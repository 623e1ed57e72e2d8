-- ===== src/Watchdog/Runtime.antt =====
-- The main process: its heartbeats, the verdict of `waitForRuntime`, and the restarts of `main`.
pub mod Verdict
pub mod Live
use audiox.Prelude.{
  ltb, ◌==◌, ◌&&◌, some, none, leb, ◌||◌, not, if◌then◌else◌, false, Option, ℕ, List, Bool, ◌∷◌, [],
}
use audiox.Prelude.Words.{sub64, add32}
use audiox.Watchdog.Service.{Service, Look, next_backoff, supervise_service}

abbrev pub startup_timeout_ms : ℕ
startup_timeout_ms = 120000

abbrev pub heartbeat_timeout_ms : ℕ
heartbeat_timeout_ms = 12000

-- A heartbeat that was read: its sequence number and the clock after the read.
pub record Beat : Type 0 where
  pub sequence : ℕ
  pub at : ℕ

pub record Progress : Type 0 where
  pub last_sequence : ℕ
  pub last_progress_ms : ℕ

unfoldable pub drain_heartbeats : List Beat → Progress → Progress
drain_heartbeats [] p = p
drain_heartbeats (b ∷ bs) p = drain_heartbeats bs (
    if b.sequence == p.last_sequence
    then p
    else record { last_sequence = b.sequence; last_progress_ms = b.at })

-- What waitpid answers for the runtime.
pub data Child : Type 0 where
  running : Child
  exited : Child
  signalled : Child
  wait_failed : Child

pub data Reason : Type 0 where
  process_exited : Reason
  process_signalled : Reason
  waitpid_failed : Reason
  heartbeat_timed_out : Reason
  startup_timed_out : Reason

-- The answers `true` (the child is gone) and `false` (it must be killed).
pub data Ended : Type 0 where
  gone : Reason → Ended
  stuck : Reason → Ended

-- One round of the loop: the heartbeats that poll announced, the look at the service, what
-- waitpid answers, and the clock at its end.
pub record Round : Type 0 where
  pub beats : List Beat
  pub look : Look
  pub child : Child
  pub now : ℕ

pub record Watch : Type 0 where
  pub progress : Progress
  pub received : Bool
  pub service : Service

unfoldable pub drained : List Beat → Watch → Watch
drained beats w =
    let p = drain_heartbeats beats w.progress in
    record w {
      progress = p;
      received = w.received || not (p.last_sequence == w.progress.last_sequence);
    }

unfoldable pub supervised : Look → Watch → Watch
supervised look w = record w {
  service = supervise_service look.now look.waited look.forked w.service;
}

unfoldable pub timed_out : ℕ → ℕ → Watch → Option Ended
timed_out launch now w =
    if w.received && ltb heartbeat_timeout_ms (sub64 now w.progress.last_progress_ms)
    then some (stuck heartbeat_timed_out)
    else if not w.received && ltb startup_timeout_ms (sub64 now launch)
    then some (stuck startup_timed_out)
    else none

-- The verdict of a round, if there is one.
unfoldable pub verdict : ℕ → Child → ℕ → Watch → Option Ended
verdict launch exited now w = some (gone process_exited)
verdict launch signalled now w = some (gone process_signalled)
verdict launch wait_failed now w = some (gone waitpid_failed)
verdict launch running now w = timed_out launch now w

abbrev pub start_watch : ℕ → Service → Watch
start_watch launch s = record {
  progress = record { last_sequence = 0; last_progress_ms = launch };
  received = false;
  service = s;
}

unfoldable pub after_round : Round → Watch → Watch
after_round r w = supervised r.look (drained r.beats w)

-- The verdict, and the service as the loop leaves it; `none`: no verdict in the rounds given.
unfoldable pub wait_for_runtime : ℕ → List Round → Watch → Option (Ended × Service)
wait_for_runtime launch [] w = none
wait_for_runtime launch (r ∷ rs) w =
    let t = after_round r w in
    let rest = wait_for_runtime launch rs t in
    elim (verdict launch r.child r.now t) [ none ↦ rest | some e ↦ some (e, t.service) ]

-- The delay after a run of the main process.
unfoldable pub next_delay : ℕ → ℕ → ℕ
next_delay run_time delay = if leb 60000 run_time then 1 else next_backoff delay

-- Whether `main` returns after this restart; 0 sets no limit.
unfoldable pub gives_up : ℕ → ℕ → Bool
gives_up maximum count = not (maximum == 0) && leb maximum (add32 count 1)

####

Task to complete: Copy the lines from the entries above in which the word "data" appears.

Answer to the exercise:
pub data Child : Type 0 where
pub data Reason : Type 0 where
pub data Ended : Type 0 where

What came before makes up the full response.